Start of Block

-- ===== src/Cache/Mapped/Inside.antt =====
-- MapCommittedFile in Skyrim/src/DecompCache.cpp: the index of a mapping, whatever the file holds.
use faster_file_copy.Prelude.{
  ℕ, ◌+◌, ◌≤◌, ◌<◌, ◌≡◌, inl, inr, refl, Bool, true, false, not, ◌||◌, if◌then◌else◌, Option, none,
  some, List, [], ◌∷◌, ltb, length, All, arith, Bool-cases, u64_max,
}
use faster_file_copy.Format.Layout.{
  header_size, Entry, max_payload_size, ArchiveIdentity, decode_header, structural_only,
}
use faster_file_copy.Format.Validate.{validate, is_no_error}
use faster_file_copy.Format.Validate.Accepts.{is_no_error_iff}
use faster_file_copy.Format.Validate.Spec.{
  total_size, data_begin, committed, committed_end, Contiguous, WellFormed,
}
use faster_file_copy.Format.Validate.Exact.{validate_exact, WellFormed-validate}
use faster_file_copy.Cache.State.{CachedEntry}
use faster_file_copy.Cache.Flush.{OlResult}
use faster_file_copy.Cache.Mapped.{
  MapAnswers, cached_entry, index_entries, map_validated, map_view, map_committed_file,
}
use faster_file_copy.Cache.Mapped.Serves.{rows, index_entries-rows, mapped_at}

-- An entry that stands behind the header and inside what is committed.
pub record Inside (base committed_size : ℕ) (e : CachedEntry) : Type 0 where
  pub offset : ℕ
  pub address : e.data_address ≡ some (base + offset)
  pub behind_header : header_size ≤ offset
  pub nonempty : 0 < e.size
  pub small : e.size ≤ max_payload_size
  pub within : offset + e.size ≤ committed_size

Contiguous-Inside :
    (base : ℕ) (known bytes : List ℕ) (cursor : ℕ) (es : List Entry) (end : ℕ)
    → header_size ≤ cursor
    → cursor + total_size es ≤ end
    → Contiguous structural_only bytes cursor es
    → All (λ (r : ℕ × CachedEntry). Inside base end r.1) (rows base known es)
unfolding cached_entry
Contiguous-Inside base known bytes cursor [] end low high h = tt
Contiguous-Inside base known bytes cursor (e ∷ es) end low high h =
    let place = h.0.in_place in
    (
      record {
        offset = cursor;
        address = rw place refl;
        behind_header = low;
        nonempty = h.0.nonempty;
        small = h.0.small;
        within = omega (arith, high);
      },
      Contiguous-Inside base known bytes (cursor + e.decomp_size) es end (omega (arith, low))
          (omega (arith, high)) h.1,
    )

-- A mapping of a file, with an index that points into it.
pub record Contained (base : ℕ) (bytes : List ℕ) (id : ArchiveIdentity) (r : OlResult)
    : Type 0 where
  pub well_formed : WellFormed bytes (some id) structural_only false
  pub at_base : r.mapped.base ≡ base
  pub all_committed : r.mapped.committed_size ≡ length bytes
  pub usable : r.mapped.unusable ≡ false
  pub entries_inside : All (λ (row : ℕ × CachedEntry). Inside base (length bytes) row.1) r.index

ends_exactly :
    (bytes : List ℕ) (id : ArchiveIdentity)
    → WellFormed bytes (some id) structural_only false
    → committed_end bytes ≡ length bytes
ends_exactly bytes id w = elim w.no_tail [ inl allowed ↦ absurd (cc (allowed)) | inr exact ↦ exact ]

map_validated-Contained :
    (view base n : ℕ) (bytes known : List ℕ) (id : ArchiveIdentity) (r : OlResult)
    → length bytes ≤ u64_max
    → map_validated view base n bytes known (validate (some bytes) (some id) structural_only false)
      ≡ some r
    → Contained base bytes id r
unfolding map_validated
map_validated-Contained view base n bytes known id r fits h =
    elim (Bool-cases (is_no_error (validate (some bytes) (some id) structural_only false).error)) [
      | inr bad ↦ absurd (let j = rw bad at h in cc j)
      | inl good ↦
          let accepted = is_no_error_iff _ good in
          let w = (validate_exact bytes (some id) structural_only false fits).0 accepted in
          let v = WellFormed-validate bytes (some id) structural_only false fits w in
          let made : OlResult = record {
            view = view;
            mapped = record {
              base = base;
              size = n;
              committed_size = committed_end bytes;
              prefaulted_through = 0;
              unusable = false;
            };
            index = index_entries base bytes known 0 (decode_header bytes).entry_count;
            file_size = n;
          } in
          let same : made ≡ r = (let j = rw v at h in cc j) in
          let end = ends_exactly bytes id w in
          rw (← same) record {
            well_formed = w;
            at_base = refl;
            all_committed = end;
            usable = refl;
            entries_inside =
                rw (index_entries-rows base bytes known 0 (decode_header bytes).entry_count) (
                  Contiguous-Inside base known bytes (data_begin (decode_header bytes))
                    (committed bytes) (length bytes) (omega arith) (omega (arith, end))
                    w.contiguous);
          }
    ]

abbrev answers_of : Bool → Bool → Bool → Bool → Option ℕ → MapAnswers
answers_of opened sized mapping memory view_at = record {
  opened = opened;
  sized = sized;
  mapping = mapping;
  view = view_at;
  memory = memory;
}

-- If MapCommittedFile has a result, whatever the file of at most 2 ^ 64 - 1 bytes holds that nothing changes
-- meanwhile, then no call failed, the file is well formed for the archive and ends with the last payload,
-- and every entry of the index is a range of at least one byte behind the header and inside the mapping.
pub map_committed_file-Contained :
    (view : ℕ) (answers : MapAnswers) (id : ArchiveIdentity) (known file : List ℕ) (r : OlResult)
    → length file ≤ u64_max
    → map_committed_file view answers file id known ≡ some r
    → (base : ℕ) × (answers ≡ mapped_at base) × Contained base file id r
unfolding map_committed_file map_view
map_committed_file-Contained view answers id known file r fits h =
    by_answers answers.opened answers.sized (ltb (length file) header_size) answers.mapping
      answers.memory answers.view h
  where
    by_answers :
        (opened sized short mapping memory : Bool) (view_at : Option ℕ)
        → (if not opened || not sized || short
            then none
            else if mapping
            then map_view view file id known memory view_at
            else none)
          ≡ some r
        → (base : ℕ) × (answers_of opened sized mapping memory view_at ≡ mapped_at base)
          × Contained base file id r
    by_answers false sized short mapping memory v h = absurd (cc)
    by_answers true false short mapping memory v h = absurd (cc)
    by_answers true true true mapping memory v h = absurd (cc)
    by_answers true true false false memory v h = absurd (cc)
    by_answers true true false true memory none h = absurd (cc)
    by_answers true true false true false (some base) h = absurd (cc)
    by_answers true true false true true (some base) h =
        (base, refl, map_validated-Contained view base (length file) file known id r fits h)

End of Block
Start of Block

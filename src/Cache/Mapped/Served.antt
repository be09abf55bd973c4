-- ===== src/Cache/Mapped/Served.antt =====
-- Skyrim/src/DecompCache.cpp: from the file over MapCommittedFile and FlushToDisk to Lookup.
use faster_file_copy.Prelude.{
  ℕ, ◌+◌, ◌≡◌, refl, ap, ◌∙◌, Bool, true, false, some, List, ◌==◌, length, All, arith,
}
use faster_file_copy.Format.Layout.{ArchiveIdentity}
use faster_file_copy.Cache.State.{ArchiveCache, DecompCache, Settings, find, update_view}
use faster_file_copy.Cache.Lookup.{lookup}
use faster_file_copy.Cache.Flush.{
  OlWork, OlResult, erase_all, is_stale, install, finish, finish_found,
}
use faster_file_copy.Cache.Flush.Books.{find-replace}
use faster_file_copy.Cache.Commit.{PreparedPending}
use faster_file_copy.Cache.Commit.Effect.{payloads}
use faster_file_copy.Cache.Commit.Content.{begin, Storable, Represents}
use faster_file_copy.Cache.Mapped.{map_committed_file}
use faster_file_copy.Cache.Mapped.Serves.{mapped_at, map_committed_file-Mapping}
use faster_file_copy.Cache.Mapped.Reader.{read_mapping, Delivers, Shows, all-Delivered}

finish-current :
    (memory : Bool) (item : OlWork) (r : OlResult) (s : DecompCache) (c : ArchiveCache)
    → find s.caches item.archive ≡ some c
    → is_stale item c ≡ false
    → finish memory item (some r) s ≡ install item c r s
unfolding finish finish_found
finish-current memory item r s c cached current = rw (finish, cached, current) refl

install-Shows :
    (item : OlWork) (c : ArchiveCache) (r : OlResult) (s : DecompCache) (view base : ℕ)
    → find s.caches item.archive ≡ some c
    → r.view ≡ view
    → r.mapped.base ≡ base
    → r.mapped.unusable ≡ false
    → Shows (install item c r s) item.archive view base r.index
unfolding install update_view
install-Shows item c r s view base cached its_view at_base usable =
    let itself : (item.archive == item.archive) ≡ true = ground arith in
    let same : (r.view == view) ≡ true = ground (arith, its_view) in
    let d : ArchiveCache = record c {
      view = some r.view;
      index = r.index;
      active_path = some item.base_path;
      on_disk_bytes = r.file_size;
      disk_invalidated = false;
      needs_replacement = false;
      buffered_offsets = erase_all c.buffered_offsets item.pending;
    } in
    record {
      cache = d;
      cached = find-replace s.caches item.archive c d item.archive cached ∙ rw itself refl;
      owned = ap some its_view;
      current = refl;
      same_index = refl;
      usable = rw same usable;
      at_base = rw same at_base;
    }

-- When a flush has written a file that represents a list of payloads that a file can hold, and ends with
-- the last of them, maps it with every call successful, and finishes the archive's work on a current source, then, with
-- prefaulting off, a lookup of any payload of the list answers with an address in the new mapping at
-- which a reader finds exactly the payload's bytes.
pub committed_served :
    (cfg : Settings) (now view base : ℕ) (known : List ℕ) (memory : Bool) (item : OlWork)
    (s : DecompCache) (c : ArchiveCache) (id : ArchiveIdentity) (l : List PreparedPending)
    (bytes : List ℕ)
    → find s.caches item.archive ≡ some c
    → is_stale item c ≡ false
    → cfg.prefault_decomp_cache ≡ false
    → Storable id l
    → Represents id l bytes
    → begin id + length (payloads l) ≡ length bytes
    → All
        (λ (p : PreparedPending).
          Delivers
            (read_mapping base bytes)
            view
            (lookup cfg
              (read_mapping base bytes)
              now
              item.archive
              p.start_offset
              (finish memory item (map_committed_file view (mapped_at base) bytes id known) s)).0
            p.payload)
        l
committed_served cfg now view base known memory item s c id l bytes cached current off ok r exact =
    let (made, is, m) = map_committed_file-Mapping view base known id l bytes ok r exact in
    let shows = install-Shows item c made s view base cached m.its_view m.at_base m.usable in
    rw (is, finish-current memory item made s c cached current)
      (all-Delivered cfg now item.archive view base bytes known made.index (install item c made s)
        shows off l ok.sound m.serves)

End of Block

- _ASSIGNMENT_:
Retype only this portion of the data above: the line containing "-- A mapping", the line containing "map_validated-Contained view base n", and all lines between them, exactly.

- _TASK RESPONSE_:
-- A mapping of a file, with an index that points into it.
pub record Contained (base : ℕ) (bytes : List ℕ) (id : ArchiveIdentity) (r : OlResult)
    : Type 0 where
  pub well_formed : WellFormed bytes (some id) structural_only false
  pub at_base : r.mapped.base ≡ base
  pub all_committed : r.mapped.committed_size ≡ length bytes
  pub usable : r.mapped.unusable ≡ false
  pub entries_inside : All (λ (row : ℕ × CachedEntry). Inside base (length bytes) row.1) r.index

ends_exactly :
    (bytes : List ℕ) (id : ArchiveIdentity)
    → WellFormed bytes (some id) structural_only false
    → committed_end bytes ≡ length bytes
ends_exactly bytes id w = elim w.no_tail [ inl allowed ↦ absurd (cc (allowed)) | inr exact ↦ exact ]

map_validated-Contained :
    (view base n : ℕ) (bytes known : List ℕ) (id : ArchiveIdentity) (r : OlResult)
    → length bytes ≤ u64_max
    → map_validated view base n bytes known (validate (some bytes) (some id) structural_only false)
      ≡ some r
    → Contained base bytes id r
unfolding map_validated
map_validated-Contained view base n bytes known id r fits h =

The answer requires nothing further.